Now what’s interesting here are the spacing between the dots on the graph. Since each dot is one second apart, this give the speed the GPS thought it was moving:

GPS speed

GPS speed

As already mentioned, ‘H’ is flying at a constant and stable 0.5m/s, confirmed by the video, but GPS ‘speed’ climbed and has not yet reached the stable 0.5m/s.

As a result of all the above, I finally I have a clue of why ‘H’ keeps overshooting her GPS target: it’s like the NEO-M8T algorithm uses some form of low pass filter, which gives brilliant accuracy for a stable location (i.e. the waypoints and at takeoff), but when moving, each new reading is fused with historic readings, causing significant lag.

The NEO-M8T has a vast amount of config parameters accessible via its u-center app.  Time for me to explore the options.

P.S. A post to the u-blox forum quickly yielded the solution: the UBX-CFG-NAV5 can be set via the u-center app (or other means, I’m sure).  By default, the NEO-M8T algorithm uses a “stationary” model, but there are many other options:



I’ll try “portable” model first based on their descriptions of the different models in their NEO-M8T spec, section 7, followed by “pedestrian” and finally “Automotive”.
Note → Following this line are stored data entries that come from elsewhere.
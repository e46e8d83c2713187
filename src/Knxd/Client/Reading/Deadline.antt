-- ===== src/Knxd/Client/Reading/Deadline.antt =====
-- `read_message_deadline` of src/knxd/knxd_client.cpp ends, and loses no byte of the stream.
use cometvisu_knxd_fcgi.Prelude.Int.{ℤ, pos, negsuc}
use cometvisu_knxd_fcgi.Knxd.Client.Os.{Os, ReadCall, PollCall, Event, pollin}
use cometvisu_knxd_fcgi.Knxd.Client.Reading.{
  Received, read_result, read_some, after_attempt, after_wait, after_clock, read_until,
  read_message_deadline, max,
}
use cometvisu_knxd_fcgi.Knxd.Client.Reading.Stream.{
  Reads, Streams, front, frame, none_yet, make_room-small,
}
use cometvisu_knxd_fcgi.Knxd.Message.Framing.{IsFrame}
use cometvisu_knxd_fcgi.Prelude.{
  ℕ, ◌+◌, ◌≤◌, ◌<◌, ◌≡◌, refl, sym, ap, ◌∙◌, Option, none, some, [], ◌++◌, arith, Bytes, length,
  append-nil, append_assoc, length-append, zero, suc, ◌-◌, ◌*◌, ◌/◌, inl, inr, leb, Bool-cases,
  subst, max,
}

-- What a `read` does to a bound on the rounds that give nothing: one without data uses one up.
abbrev pub Waits : ℕ → ℕ → ReadCall → Type 0
Waits p q ReadCall.not_ready = q < p
Waits p q ReadCall.interrupted = q < p
Waits p q _ = q ≤ p

-- The same for `poll`.
abbrev pub Polled : ℕ → ℕ → PollCall → Type 0
Polled p q PollCall.interrupted = q < p
Polled p q _ = q ≤ p

module _ {W : Type 0} (os : Os W) (received : ℕ → W → Bytes) (patience : W → ℕ) where
  -- `received fd` grows by what `read` returns; `poll` is interrupted, and `read` finds nothing, only as
  -- often as `patience` says; `poll` and the clock receive nothing.
  pub record TimedLaw : Type 0 where
    pub reads :
        (fd n : ℕ) (w : W)
        → (let (call, w') = os.read fd n w in
            Reads n (received fd w) (received fd w') call × Waits (patience w) (patience w') call)
    pub polls :
        (fd : ℕ) (event : Event) (timeout : ℤ) (w : W)
        → (let (call, w') = os.poll fd event timeout w in
            (received fd w' ≡ received fd w) × Polled (patience w) (patience w') call)
    pub clocks :
        (fd : ℕ) (w : W)
        → (let (_, w') = os.clock w in
            (received fd w' ≡ received fd w) × (patience w' ≤ patience w))

  -- The run ends, and leaves what `Streams` says.
  pub record Ended (run : Option (Received W)) (fd : ℕ) (buffer : Bytes) (w : W) : Type 0 where
    pub outcome : Received W
    pub ended : run ≡ some outcome
    pub streams : Streams os received fd buffer w outcome
    pub calm : patience outcome.world ≤ patience w

  gives_up :
      (run : Option (Received W)) (fd : ℕ) (buffer : Bytes) (w w' : W)
      → run ≡ some (record { message = none; buffer = buffer; world = w' })
      → received fd w' ≡ received fd w
      → patience w' ≤ patience w
      → Ended run fd buffer w
  gives_up run fd buffer w w' e same calm = record {
    calm = calm;
    outcome = record { message = none; buffer = buffer; world = w' };
    ended = e;
    streams = record {
      new = [];
      read = same ∙ sym (append-nil (received fd w));
      kept = append-nil buffer;
      framed = λ m h. absurd cc;
    };
  }

  again :
      (run : Option (Received W)) (fd : ℕ) (buffer : Bytes) (w w' : W)
      → received fd w' ≡ received fd w
      → patience w' ≤ patience w
      → Ended run fd buffer w'
      → Ended run fd buffer w
  again run fd buffer w w' same calm o = record {
    calm = let c = o.calm in omega arith;
    outcome = o.outcome;
    ended = o.ended;
    streams = record {
      new = o.streams.new;
      read = o.streams.read ∙ ap (λ b. b ++ o.streams.new) same;
      kept = o.streams.kept;
      framed = o.streams.framed;
    };
  }

  grown :
      (run : Option (Received W)) (fd : ℕ) (buffer bytes : Bytes) (w w' : W)
      → received fd w' ≡ received fd w ++ bytes
      → patience w' ≤ patience w
      → Ended run fd (buffer ++ bytes) w'
      → Ended run fd buffer w
  grown run fd buffer bytes w w' more calm o = record {
    calm = let c = o.calm in omega arith;
    outcome = o.outcome;
    ended = o.ended;
    streams = record {
      new = bytes ++ o.streams.new;
      read = o.streams.read ∙ rw (more, append_assoc);
      kept = sym (append_assoc buffer bytes o.streams.new) ∙ o.streams.kept;
      framed = o.streams.framed;
    };
  }

  module _ (law : TimedLaw) (next : Bytes → W → Option (Received W)) (fd : ℕ) (buffer : Bytes)
      (small : length buffer < 65537) where
    attempt-Ended :
        (call : ReadCall) (w w' : W)
        → Reads 4096 (received fd w) (received fd w') call
        → Waits (patience w) (patience w') call
        → ((more : Bytes) (v : W)
            → length buffer + patience v < length more + patience w
            → length buffer ≤ length more
            → patience v ≤ patience w
            → Ended (next more v) fd more v)
        → Ended (after_attempt os next (read_result call buffer, w')) fd buffer w
    unfolding read_result
    attempt-Ended (ReadCall.got bytes) w w' (some_bytes, few, more) p ih =
        rw (make_room-small (length bytes) buffer (omega arith)) (
          grown (next (buffer ++ bytes) w') fd buffer bytes w w' more p (
            ih (buffer ++ bytes) w' (omega (arith, length-append buffer bytes))
              (omega (arith, length-append buffer bytes)) p))
    attempt-Ended ReadCall.end_of_file w w' same p ih = gives_up _ fd buffer w w' refl same p
    attempt-Ended ReadCall.failed w w' same p ih = gives_up _ fd buffer w w' refl same p
    attempt-Ended ReadCall.not_ready w w' same p ih =
        again (next buffer w') fd buffer w w' same (omega arith)
          (ih buffer w' (omega arith) (omega arith) (omega arith))
    attempt-Ended ReadCall.interrupted w w' same p ih =
        again (next buffer w') fd buffer w w' same (omega arith)
          (ih buffer w' (omega arith) (omega arith) (omega arith))

    wait-Ended :
        (call : PollCall) (w w' : W)
        → received fd w' ≡ received fd w
        → Polled (patience w) (patience w') call
        → ((more : Bytes) (v : W)
            → length buffer + patience v < length more + patience w
            → Ended (next more v) fd more v)
        → Ended (after_wait os next fd buffer (call, w')) fd buffer w
    unfolding read_some
    wait-Ended PollCall.timed_out w w' same p ih = gives_up _ fd buffer w w' refl same p
    wait-Ended PollCall.failed w w' same p ih = gives_up _ fd buffer w w' refl same p
    wait-Ended PollCall.interrupted w w' same p ih =
        again (next buffer w') fd buffer w w' same (omega arith) (ih buffer w' (omega arith))
    wait-Ended (PollCall.ready r) w w' same p ih =
        let (call, v) = os.read fd 4096 w' in
        let (taken, left) = law.reads fd 4096 w' in
        again _ fd buffer w w' same p
          (attempt-Ended call w' v taken left (λ more u l k q. ih more u (omega arith)))

    clock-Ended :
        (deadline : ℕ) (w : W)
        → ((more : Bytes) (v : W)
            → length buffer + patience v < length more + patience w
            → Ended (next more v) fd more v)
        → Ended (after_clock os next fd buffer deadline (os.clock w)) fd buffer w
    clock-Ended deadline w ih =
        let (now, w') = os.clock w in
        let (same, p) = law.clocks fd w in
        elim (Bool-cases (leb deadline now)) [
          | inl late ↦ rw late (gives_up _ fd buffer w w' refl same p)
          | inr early ↦ rw early (
              let time = pos (max 1 ((deadline - now) / 1_000_000)) in
              let (call, v) = os.poll fd pollin time w' in
              let (still, q) = law.polls fd pollin time w' in
              again _ fd buffer w w' same p
                (wait-Ended call w' v still q (λ more u l. ih more u (omega arith))))
        ]

  read_until-Ended :
      (fuel fd deadline : ℕ) (buffer : Bytes) (w : W)
      → TimedLaw
      → 65537 + patience w < fuel + length buffer
      → 0 < fuel
      → Ended (read_until os fuel fd deadline buffer w) fd buffer w
  unfolding read_until
  read_until-Ended zero fd deadline buffer w law enough p = absurd (omega arith)
  read_until-Ended (suc fuel) fd deadline buffer w law enough p = elim (front buffer) [
    | frame m rest e whole framed ↦ record {
      outcome = record { message = some m; buffer = rest; world = w };
      calm = omega arith;
      ended = rw (read_until, e);
      streams = record {
        new = [];
        read = sym (append-nil (received fd w));
        kept = append-nil buffer ∙ whole;
        framed = λ n h. let same : m ≡ n = cc in subst IsFrame same framed;
      };
    }
    | none_yet x l ↦
        rw (read_until, x)
          (clock-Ended law (read_until os fuel fd deadline) fd buffer l deadline w (λ more v less.
            read_until-Ended fuel fd deadline more v law (omega arith) (omega arith)))
  ]

  -- With a fuel that makes more than 65537 and the rounds without data to come with the length of the buffer,
  -- `read_message_deadline` ends, for every timeout. The buffer and the bytes it read are then the
  -- message, if there is one, and the new buffer, in order; and the message is one whole frame.
  pub read_message_deadline-Ended :
      (fuel fd : ℕ) (buffer : Bytes) (timeout_ms : ℤ) (w : W)
      → TimedLaw
      → 65537 + patience w < fuel + length buffer
      → 0 < fuel
      → Ended (read_message_deadline os fuel fd buffer timeout_ms w) fd buffer w
  unfolding read_message_deadline
  read_message_deadline-Ended fuel fd buffer (pos t) w law enough p =
      let (now, w') = os.clock w in
      let (same, q) = law.clocks fd w in
      again _ fd buffer w w' same q
        (read_until-Ended fuel fd (now + t * 1_000_000) buffer w' law (omega arith) p)
  read_message_deadline-Ended fuel fd buffer (negsuc t) w law enough p =
      let (now, w') = os.clock w in
      let (same, q) = law.clocks fd w in
      again _ fd buffer w w' same q (read_until-Ended fuel fd now buffer w' law (omega arith) p)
P.P.S. The “portable” model worked perfectly as shown by the next post.  There was one additional config change to make which is in the “CFG” section: changes need to be saved in all possible options so the update to “portable” survived after reboot.

Winter Wondering

Worth reminding yourself of yesterday’s down-facing Mavic video of the flight first.

This graph is made from the raw GPS data from the NEO-M8T – no processing by me other than saving the results to file:

GPS waypoints and flight

GPS waypoints and flight

The grey line is the 3 preset waypoints: orange, red and purple correspond to the same coloured frisbees you can see in the down-facing video from yesterday.  The GPS waypoints on the graph are a very plausible match with their places in the video, both in location of each and the distance and direction between them .

The blue line is Hermione recorded live as she flew to the orange waypoint.

Here are the problems:

  1. Hermione took off from the purple frisbee in real life.  As she took off, she determined her GPS takeoff point dynamically.  This GPS point in the graph is about 4m away from purple waypoint(s) on the graph.
  2. In the video, you can see she flew in the right direction towards and beyond the orange frisbee.  In contrast, she thought from her GPS tracking that she was only ½ way to the orange waypoint, hence the real-world overshoot, and my termination of the flight.
  3. Hermione was travelling at 1m/s and the video back this up.  However the intermediate GPS locations she read suggest more like 0.3m/s based on the fact GPS updates happen at 1Hz.

Both for presetting the waypoints, and during the flight itself, 9 satellites were in use.

While the difference in take-off location of 4m is just about tolerable as a fixed offset, the fact the GPS points suggest 0.3m/s (compared with the real, correct 1m/s) is not and I have absolutely no idea why the NEO-M8T is doing this.